--- EXERCISE DETAILS ---
Filter the lines below, copying only those with the string "gateways".

[Entries taken from a collection]
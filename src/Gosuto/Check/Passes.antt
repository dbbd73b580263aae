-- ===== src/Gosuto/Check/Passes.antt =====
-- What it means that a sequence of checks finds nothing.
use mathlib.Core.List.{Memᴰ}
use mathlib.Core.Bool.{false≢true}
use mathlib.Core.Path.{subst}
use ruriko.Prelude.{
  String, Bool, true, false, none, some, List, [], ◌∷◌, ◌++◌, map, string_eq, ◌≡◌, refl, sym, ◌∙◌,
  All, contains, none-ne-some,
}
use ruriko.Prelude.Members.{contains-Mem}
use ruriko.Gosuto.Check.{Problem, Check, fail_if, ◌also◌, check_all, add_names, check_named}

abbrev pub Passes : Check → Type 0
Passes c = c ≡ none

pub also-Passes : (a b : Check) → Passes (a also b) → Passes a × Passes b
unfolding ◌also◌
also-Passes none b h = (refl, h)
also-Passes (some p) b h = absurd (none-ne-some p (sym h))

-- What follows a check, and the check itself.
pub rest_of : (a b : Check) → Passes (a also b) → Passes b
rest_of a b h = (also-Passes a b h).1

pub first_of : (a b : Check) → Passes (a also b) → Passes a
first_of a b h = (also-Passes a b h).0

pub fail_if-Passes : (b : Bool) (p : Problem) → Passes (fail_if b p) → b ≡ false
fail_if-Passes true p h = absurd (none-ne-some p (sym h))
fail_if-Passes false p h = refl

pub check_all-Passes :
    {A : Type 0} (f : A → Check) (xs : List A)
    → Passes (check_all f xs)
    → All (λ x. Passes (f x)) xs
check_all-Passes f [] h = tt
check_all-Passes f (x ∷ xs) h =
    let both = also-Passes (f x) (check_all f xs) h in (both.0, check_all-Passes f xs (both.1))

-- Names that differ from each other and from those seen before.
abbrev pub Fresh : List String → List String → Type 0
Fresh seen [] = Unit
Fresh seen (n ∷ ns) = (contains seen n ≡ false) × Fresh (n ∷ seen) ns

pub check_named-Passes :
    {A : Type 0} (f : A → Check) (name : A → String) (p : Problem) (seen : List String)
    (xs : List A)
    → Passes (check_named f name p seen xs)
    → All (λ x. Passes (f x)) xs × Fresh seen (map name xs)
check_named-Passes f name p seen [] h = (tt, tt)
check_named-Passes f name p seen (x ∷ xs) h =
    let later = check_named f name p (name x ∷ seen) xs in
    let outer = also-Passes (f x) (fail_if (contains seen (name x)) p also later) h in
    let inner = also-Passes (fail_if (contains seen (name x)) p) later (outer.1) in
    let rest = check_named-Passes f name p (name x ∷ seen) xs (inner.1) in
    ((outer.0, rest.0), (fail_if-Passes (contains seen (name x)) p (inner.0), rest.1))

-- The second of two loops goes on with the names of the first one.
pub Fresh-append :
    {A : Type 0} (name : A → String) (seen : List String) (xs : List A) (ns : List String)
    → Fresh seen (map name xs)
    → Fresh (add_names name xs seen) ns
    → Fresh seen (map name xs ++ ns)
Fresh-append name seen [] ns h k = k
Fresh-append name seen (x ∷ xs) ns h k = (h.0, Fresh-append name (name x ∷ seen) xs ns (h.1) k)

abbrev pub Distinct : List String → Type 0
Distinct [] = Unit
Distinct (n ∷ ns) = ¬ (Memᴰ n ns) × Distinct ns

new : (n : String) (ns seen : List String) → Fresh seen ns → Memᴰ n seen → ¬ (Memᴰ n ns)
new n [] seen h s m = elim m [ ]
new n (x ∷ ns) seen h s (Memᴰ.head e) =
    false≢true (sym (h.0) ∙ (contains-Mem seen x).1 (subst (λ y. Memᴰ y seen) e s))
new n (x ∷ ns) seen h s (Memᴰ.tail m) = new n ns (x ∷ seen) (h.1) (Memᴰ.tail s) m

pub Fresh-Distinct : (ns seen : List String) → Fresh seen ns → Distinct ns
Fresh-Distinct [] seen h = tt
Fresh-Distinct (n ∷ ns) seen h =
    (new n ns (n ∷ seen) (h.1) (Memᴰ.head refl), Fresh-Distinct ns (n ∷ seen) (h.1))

...

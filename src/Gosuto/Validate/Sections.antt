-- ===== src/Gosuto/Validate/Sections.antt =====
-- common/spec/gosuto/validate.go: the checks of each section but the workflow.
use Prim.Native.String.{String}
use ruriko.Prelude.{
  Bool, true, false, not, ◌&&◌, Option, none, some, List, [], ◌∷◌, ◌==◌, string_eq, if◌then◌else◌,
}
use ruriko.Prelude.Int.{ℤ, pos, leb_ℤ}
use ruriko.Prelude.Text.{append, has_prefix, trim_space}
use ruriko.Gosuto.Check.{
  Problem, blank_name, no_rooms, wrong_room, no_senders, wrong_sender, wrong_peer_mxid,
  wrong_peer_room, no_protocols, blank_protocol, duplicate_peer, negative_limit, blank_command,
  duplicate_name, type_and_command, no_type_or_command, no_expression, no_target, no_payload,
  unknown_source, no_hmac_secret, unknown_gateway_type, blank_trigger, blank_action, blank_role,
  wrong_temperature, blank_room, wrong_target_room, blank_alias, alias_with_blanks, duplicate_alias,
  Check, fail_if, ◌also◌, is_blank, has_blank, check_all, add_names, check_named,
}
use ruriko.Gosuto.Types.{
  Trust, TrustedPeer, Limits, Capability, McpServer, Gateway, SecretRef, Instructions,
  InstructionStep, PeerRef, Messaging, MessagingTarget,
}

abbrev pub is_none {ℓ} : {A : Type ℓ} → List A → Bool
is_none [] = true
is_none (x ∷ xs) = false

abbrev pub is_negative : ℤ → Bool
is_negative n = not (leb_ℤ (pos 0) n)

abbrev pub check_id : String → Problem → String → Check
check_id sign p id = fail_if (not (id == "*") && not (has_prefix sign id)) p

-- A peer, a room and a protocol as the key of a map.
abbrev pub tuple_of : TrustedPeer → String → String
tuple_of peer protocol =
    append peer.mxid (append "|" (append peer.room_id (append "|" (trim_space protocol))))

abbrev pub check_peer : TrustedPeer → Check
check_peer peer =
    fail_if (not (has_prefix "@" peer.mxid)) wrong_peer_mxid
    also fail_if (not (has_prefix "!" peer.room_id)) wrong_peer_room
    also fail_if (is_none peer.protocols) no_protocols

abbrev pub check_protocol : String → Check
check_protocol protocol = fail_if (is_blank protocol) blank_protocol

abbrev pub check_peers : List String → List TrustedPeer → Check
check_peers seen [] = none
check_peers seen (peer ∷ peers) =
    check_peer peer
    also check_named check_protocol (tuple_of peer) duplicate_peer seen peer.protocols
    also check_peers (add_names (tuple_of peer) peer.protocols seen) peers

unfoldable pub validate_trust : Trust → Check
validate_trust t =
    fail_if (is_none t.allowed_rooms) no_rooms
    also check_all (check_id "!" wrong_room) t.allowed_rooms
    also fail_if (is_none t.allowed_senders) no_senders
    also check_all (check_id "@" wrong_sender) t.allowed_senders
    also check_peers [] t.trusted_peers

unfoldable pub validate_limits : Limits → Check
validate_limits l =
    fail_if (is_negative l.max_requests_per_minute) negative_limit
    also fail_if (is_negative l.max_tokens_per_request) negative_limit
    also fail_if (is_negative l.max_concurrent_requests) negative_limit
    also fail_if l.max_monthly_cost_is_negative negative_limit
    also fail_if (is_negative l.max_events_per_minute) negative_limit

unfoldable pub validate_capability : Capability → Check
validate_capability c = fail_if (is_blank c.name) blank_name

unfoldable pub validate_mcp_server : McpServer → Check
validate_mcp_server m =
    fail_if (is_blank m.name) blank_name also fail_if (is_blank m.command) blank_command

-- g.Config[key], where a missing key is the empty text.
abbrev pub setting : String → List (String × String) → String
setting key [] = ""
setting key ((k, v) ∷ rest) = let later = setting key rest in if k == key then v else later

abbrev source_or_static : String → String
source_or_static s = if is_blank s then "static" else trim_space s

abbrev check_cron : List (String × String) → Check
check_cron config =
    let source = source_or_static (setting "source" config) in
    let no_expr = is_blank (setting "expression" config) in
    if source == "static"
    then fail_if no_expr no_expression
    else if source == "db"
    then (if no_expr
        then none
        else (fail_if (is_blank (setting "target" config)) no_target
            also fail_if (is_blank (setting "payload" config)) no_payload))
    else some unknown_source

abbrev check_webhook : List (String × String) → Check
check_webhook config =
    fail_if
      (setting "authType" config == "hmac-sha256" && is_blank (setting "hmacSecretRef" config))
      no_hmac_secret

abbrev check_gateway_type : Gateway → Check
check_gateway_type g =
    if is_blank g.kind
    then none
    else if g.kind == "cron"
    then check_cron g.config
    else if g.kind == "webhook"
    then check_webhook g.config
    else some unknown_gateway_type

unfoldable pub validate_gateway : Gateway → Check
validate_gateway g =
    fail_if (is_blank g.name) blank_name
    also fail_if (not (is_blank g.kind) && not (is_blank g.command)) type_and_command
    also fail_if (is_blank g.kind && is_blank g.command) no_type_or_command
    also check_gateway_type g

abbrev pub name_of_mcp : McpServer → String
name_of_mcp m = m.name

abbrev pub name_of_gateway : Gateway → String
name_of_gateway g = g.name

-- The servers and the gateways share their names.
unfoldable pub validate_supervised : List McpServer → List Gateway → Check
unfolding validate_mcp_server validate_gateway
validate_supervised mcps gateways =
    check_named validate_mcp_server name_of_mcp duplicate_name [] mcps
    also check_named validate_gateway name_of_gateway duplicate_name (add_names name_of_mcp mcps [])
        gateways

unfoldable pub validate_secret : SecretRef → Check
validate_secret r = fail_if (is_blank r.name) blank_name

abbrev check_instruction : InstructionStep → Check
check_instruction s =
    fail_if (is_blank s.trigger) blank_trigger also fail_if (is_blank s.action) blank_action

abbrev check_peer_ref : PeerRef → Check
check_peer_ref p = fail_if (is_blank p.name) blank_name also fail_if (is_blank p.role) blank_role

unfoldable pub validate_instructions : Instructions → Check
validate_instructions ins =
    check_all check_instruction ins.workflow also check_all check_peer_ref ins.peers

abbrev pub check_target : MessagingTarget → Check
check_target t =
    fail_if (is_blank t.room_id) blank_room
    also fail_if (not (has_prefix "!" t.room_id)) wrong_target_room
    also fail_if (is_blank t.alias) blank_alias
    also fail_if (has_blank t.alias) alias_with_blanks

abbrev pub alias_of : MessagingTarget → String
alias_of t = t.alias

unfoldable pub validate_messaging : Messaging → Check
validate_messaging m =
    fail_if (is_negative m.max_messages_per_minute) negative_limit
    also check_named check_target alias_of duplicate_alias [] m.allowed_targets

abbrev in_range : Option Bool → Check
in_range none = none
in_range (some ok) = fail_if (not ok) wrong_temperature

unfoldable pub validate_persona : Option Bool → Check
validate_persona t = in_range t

* * *

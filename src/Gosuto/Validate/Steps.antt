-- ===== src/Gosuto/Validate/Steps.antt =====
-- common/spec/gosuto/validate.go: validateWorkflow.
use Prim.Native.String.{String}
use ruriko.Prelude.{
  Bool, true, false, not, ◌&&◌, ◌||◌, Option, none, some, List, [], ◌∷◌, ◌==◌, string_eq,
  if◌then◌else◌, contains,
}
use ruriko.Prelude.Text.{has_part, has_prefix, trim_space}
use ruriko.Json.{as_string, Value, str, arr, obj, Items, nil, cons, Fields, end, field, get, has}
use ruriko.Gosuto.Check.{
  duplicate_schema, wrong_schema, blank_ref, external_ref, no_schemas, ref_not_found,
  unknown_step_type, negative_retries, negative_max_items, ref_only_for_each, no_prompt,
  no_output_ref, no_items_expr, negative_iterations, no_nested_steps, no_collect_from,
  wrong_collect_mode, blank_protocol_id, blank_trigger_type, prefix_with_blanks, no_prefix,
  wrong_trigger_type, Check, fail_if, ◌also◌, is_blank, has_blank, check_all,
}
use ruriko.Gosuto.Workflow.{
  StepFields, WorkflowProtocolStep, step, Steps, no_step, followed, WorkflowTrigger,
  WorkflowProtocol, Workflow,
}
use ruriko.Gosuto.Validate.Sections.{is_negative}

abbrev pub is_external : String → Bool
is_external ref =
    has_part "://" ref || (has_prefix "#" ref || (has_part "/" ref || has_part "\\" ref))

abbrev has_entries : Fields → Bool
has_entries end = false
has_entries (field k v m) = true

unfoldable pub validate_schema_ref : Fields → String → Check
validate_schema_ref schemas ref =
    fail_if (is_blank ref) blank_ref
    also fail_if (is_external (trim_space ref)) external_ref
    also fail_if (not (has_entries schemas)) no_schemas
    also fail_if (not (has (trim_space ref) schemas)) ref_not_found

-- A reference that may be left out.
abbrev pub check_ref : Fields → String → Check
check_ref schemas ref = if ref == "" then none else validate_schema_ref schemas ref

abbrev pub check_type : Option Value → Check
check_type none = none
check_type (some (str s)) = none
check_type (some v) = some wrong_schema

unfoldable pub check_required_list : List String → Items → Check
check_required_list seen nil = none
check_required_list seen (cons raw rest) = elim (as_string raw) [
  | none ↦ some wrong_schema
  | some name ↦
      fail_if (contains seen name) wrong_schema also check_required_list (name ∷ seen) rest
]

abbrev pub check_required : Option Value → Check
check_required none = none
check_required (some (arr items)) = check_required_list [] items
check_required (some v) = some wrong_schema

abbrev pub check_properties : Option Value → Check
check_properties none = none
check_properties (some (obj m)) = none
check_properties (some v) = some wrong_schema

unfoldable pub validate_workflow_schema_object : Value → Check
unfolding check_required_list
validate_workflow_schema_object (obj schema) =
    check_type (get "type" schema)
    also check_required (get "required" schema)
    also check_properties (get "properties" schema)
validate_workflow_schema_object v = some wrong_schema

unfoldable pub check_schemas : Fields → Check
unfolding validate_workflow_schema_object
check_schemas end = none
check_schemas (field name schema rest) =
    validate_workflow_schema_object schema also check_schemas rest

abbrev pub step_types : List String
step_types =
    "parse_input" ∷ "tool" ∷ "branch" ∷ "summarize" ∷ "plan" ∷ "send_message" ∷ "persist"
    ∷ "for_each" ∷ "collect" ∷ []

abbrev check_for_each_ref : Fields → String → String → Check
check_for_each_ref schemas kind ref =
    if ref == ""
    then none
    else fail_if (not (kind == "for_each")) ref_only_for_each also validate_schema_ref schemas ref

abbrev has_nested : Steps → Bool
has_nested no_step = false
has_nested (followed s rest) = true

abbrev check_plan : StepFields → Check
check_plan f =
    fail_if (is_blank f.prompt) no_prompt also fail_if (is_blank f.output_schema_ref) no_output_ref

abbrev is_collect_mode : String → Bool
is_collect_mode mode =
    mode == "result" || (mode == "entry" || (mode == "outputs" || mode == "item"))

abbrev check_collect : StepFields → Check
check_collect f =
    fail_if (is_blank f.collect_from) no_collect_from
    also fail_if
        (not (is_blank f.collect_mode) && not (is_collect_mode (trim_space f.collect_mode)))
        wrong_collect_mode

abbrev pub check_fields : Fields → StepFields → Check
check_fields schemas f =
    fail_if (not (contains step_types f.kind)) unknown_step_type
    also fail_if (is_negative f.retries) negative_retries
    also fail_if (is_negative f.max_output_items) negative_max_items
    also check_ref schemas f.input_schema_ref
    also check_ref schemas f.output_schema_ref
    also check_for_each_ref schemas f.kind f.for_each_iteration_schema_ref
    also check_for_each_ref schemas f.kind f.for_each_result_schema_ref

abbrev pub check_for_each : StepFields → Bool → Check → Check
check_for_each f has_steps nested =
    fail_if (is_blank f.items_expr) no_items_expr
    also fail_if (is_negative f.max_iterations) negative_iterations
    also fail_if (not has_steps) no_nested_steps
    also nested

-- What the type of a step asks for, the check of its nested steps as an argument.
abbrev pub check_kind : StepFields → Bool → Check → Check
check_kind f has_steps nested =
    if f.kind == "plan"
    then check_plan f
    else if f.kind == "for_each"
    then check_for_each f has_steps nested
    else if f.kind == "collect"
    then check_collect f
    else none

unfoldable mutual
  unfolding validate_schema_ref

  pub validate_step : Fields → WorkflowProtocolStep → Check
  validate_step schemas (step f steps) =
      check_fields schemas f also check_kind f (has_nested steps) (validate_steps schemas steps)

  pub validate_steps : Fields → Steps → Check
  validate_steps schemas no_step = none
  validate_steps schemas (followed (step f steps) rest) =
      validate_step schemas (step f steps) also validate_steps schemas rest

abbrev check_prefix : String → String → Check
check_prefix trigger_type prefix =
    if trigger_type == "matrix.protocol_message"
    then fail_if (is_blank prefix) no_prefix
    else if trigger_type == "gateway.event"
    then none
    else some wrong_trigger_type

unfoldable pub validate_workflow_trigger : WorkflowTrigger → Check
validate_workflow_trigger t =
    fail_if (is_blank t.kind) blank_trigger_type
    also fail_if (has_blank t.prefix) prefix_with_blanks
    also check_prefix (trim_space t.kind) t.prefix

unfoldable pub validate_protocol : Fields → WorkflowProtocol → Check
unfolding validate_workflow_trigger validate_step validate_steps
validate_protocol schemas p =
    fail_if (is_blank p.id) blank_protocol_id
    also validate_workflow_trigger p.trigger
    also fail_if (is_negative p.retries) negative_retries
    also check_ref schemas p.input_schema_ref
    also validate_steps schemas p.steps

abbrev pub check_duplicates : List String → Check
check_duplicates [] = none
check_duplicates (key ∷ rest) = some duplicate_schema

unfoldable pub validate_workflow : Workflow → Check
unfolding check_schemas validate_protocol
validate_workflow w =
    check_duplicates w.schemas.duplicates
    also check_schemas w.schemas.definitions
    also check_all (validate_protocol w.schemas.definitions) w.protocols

--- OUTPUT FOR THIS EXERCISE ---
-- The servers and the gateways share their names.
validate_supervised mcps gateways =
        gateways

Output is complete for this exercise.